PROBLEM TO WORK ON -
Go through the records below and return each line that has "cases" in it.
+--
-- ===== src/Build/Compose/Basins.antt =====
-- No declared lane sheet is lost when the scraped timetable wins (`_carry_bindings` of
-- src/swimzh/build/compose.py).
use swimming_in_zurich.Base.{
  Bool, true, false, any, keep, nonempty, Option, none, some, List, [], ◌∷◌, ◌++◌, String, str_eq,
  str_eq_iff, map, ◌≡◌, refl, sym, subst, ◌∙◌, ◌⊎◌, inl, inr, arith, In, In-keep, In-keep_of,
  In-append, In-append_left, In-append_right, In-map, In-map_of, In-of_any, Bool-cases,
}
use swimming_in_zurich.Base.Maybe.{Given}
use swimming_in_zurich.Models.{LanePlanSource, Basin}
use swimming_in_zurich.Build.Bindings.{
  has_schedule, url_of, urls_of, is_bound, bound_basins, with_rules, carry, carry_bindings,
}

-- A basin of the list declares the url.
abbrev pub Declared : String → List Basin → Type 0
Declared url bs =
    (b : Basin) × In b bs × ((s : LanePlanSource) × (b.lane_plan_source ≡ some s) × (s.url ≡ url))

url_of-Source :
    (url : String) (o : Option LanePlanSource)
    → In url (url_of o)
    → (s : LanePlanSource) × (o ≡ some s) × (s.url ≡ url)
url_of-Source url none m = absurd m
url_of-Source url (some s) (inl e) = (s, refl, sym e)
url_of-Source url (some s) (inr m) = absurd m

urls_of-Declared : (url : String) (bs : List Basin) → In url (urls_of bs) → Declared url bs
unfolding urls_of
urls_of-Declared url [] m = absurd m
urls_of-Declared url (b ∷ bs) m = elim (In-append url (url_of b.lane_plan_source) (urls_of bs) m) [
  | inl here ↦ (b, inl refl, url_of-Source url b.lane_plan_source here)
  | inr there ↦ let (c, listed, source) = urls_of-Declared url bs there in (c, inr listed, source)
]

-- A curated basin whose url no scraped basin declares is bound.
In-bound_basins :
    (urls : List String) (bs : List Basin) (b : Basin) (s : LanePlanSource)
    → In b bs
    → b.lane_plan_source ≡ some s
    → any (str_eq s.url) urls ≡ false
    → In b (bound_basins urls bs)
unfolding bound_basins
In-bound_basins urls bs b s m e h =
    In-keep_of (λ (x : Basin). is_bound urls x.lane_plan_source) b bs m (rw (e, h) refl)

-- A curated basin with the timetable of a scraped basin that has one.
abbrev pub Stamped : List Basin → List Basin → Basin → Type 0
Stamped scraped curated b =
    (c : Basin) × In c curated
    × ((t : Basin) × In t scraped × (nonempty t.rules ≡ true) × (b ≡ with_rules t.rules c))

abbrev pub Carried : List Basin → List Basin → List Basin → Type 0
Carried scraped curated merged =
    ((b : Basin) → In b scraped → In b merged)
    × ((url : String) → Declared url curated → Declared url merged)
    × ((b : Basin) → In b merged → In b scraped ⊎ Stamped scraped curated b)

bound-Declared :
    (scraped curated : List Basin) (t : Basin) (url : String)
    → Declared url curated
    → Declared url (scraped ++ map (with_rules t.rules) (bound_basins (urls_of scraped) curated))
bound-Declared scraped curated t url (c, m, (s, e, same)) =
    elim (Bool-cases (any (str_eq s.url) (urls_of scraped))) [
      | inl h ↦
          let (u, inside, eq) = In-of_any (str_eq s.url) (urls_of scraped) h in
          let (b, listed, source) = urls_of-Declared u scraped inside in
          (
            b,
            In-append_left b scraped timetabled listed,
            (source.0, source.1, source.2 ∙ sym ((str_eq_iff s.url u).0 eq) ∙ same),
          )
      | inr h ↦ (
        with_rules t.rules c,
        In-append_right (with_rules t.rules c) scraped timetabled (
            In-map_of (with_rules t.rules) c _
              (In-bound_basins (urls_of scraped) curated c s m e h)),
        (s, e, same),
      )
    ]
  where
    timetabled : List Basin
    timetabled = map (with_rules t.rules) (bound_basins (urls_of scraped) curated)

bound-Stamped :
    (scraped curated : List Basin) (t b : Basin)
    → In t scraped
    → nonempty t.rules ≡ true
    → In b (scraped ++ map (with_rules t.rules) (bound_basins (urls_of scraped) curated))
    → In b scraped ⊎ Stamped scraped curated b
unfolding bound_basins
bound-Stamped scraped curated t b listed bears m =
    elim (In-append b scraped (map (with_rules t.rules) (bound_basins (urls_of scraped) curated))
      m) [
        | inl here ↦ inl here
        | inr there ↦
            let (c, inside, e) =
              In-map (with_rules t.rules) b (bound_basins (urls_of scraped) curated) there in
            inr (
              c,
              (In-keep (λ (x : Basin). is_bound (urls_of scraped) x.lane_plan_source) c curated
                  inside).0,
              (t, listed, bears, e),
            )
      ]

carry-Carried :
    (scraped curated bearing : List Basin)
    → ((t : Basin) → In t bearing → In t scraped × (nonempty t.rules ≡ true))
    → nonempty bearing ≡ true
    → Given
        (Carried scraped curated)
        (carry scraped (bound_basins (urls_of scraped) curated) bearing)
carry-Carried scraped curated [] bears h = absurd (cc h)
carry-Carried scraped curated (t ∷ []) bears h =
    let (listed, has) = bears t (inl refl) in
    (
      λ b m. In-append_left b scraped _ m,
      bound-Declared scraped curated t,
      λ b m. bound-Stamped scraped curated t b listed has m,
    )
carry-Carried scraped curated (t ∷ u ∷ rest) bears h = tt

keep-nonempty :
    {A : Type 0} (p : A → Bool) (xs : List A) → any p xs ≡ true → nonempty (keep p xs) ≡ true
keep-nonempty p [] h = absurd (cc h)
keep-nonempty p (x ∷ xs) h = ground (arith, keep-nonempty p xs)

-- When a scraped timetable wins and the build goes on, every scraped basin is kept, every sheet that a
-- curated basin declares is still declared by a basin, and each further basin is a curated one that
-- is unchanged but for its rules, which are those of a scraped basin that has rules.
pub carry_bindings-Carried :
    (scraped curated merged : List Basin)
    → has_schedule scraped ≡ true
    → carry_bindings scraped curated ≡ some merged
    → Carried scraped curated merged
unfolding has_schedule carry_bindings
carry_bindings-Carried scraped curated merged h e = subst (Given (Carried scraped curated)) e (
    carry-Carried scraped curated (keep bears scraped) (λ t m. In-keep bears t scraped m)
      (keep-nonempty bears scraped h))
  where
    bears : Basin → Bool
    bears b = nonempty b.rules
+--
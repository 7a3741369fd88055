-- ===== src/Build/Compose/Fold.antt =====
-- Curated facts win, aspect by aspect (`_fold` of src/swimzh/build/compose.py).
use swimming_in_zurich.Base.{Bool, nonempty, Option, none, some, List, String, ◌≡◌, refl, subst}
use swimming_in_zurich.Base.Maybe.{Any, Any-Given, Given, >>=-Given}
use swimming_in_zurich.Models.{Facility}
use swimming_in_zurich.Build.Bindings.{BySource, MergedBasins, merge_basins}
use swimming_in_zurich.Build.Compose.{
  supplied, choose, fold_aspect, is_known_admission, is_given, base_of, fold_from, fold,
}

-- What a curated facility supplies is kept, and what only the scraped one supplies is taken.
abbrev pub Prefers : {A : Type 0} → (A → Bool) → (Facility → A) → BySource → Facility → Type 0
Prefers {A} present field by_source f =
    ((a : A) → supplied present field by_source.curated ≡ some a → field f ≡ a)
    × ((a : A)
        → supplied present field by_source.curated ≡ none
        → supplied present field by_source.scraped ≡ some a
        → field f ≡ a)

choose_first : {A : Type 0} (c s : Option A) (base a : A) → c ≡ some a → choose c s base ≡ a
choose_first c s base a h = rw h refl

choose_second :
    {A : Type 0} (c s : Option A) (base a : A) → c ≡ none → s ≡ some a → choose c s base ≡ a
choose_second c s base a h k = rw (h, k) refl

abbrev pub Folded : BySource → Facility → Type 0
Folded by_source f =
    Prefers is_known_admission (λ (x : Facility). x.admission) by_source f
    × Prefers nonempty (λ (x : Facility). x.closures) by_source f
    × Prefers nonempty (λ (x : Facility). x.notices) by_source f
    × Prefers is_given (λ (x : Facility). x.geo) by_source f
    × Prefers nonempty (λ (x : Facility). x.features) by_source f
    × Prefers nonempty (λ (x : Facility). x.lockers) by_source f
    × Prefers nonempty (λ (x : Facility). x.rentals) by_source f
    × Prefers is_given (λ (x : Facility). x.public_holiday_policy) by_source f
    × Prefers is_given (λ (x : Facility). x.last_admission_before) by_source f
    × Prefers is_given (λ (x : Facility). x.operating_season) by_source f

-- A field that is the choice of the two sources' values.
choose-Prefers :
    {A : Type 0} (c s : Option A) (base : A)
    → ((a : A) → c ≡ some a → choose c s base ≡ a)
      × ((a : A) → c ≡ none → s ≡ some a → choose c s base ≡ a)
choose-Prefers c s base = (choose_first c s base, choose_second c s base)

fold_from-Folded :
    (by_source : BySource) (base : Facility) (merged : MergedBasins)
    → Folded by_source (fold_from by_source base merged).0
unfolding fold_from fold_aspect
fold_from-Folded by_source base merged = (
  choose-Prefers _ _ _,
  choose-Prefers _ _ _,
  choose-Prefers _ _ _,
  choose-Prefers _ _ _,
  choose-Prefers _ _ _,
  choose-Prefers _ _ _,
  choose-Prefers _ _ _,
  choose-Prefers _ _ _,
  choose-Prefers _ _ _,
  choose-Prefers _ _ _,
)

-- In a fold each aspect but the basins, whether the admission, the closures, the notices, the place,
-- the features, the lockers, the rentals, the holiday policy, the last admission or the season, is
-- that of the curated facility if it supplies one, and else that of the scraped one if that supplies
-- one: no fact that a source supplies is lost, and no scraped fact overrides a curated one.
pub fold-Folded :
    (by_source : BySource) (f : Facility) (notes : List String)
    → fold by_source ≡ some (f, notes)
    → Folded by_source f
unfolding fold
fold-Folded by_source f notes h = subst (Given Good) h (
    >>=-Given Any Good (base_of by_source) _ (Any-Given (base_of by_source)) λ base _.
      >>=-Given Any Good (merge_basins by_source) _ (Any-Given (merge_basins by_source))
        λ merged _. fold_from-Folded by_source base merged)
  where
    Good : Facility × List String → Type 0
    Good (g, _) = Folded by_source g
+--
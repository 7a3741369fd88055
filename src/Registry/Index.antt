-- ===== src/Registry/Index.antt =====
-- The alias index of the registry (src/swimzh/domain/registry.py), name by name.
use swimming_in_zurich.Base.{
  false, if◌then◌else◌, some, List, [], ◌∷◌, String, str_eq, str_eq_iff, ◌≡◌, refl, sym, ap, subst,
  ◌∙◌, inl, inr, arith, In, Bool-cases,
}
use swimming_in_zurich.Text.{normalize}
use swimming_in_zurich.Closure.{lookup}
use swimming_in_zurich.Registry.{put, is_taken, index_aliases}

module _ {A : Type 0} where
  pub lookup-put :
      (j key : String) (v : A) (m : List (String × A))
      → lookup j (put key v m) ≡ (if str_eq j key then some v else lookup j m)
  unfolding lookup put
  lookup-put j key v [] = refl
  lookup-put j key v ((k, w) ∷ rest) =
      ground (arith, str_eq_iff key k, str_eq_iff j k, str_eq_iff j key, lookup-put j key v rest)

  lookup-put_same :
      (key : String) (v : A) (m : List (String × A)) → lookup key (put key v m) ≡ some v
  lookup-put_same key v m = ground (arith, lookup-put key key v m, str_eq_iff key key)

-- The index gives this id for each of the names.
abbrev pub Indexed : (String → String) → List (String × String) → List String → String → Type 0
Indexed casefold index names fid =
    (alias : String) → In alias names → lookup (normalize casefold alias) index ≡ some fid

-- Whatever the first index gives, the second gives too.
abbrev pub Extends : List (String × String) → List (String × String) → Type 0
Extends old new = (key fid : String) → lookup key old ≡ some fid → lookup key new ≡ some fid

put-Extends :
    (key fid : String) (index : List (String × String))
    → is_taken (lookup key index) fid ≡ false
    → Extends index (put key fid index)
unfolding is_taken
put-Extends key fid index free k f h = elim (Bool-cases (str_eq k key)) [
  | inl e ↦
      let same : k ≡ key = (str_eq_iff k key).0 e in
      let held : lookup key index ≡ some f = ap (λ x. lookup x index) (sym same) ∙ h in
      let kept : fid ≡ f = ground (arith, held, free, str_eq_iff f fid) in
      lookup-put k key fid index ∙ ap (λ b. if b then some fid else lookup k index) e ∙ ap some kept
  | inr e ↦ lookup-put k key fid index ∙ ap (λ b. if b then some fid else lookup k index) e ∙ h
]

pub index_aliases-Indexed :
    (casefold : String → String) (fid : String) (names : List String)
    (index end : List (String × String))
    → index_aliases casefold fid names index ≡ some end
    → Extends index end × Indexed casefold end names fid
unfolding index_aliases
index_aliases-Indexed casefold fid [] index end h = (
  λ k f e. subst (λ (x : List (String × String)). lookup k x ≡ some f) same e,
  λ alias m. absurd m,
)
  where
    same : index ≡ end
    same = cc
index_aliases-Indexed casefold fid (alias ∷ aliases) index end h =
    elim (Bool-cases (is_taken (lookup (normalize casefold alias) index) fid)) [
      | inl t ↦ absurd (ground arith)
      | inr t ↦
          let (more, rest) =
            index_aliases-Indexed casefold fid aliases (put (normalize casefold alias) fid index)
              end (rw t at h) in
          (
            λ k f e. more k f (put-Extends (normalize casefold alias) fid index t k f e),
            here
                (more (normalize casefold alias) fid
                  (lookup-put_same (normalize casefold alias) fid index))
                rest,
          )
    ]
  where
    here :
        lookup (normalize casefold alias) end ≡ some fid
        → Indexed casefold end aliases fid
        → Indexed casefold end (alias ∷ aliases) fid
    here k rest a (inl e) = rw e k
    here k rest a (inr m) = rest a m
+--
RESULT OF THE EXERCISE -
  In-append, In-append_left, In-append_right, In-map, In-map_of, In-of_any, Bool-cases,
    elim (Bool-cases (any (str_eq s.url) (urls_of scraped))) [
  ◌∙◌, inl, inr, arith, In, Bool-cases,
put-Extends key fid index free k f h = elim (Bool-cases (str_eq k key)) [
    elim (Bool-cases (is_taken (lookup (normalize casefold alias) index) fid)) [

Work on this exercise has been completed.